WHAT TO WORK ON - For each line below that contains the word "unfolding", make a copy.
═════ GIVEN DATA
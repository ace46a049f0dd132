-- ===== src/H2/Frame/Wire/RoundTrip.antt =====
-- A frame is read off the wire as `write_frame` put it there.
use qhttp.Base.{
  ℕ, ◌+◌, ◌*◌, ◌/◌, ◌%◌, ◌^◌, ◌≡◌, ◌≢◌, ◌<◌, refl, List, ◌++◌, Bool, false, arith, length, drop,
  take-length, ok, ◌>>=◌, IsU31,
}
use qhttp.Base.U32
use qhttp.H2.Crates.{FrameType, type_number, Crates, flag_padded, flag_priority}
use qhttp.H2.Frame.{Frame}
use qhttp.H2.Frame.Wire.{
  FrameHeaderRaw, from_slice, strip_padding, header_from_raw, from_header_and_payload, frame_bytes,
}
use qhttp.H2.Frame.Wire.Legal.{IsLegal, check_header_iff}

-- The raw header of a frame.
abbrev pub raw_of : Frame → FrameHeaderRaw
raw_of f = record {
  length = length f.payload;
  type = type_number f.header.type;
  flags = f.header.flags;
  stream = f.header.stream;
}

u24_bytes : (n : ℕ) → n < 2 ^ 24 → n / 2 ^ 16 % 256 * 2 ^ 16 + n / 2 ^ 8 % 256 * 2 ^ 8 + n % 256 ≡ n
u24_bytes n h = omega arith

-- The first nine bytes of a written frame are its raw header, and the payload follows.
pub from_slice-frame_bytes :
    (f : Frame) (rest : List ℕ)
    → length f.payload < 2 ^ 24
    → IsU31 f.header.stream
    → (from_slice (frame_bytes f ++ rest) ≡ ok (raw_of f))
      × (drop 9 (frame_bytes f ++ rest) ≡ f.payload ++ rest)
unfolding from_slice frame_bytes
from_slice-frame_bytes f rest h s = (
  ground (arith, u24_bytes (length f.payload) h, U32.be_bytes_value f.header.stream (omega arith)),
  refl,
)

strip_padding-unpadded :
    (type : FrameType) (payload : List ℕ)
    → type ≢ FrameType.push_promise
    → strip_padding type false payload ≡ ok (0, length payload)
unfolding strip_padding
strip_padding-unpadded FrameType.push_promise payload ne = absurd (ne refl)
strip_padding-unpadded type payload ne = refl

legal-ne-push_promise :
    (type : FrameType) (padded priority : Bool) (len stream : ℕ)
    → IsLegal type padded priority len stream
    → type ≢ FrameType.push_promise
legal-ne-push_promise FrameType.push_promise padded priority len stream h = absurd h
legal-ne-push_promise type padded priority len stream h = λ e. cc

-- A written frame is read back as it was, whatever follows it, if it is legal, is no CONTINUATION,
-- has known flags only, is not padded, its stream fits 31 bits and the length of its payload 24
-- bits.
pub read_frame-frame_bytes :
    (lib : Crates) (f : Frame) (rest : List ℕ)
    → length f.payload < 2 ^ 24
    → IsU31 f.header.stream
    → lib.flags.from_bits_truncate f.header.flags ≡ f.header.flags
    → lib.flags.contains f.header.flags flag_padded ≡ false
    → f.header.type ≢ FrameType.continuation
    → IsLegal f.header.type false
        (lib.flags.contains f.header.flags flag_priority)
        (length f.payload)
        f.header.stream
    → (from_slice (frame_bytes f ++ rest) >>= λ raw. from_header_and_payload lib raw f.payload)
      ≡ ok f
unfolding from_header_and_payload header_from_raw
read_frame-frame_bytes lib f rest len s known unpadded ne legal =
    rw
      (
        (from_slice-frame_bytes f rest len s).0,
        lib.frame_type.from-number f.header.type,
        known,
        unpadded,
        (check_header_iff _ _ _ _ _ ne).1 legal,
      )
      (rw
        (
          unpadded,
          strip_padding-unpadded f.header.type f.payload (legal-ne-push_promise _ _ _ _ _ legal),
        )
        (ground (arith, take-length f.payload)))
══════════
SOLUTION TO THIS EXERCISE -
unfolding from_slice frame_bytes
unfolding strip_padding
unfolding from_header_and_payload header_from_raw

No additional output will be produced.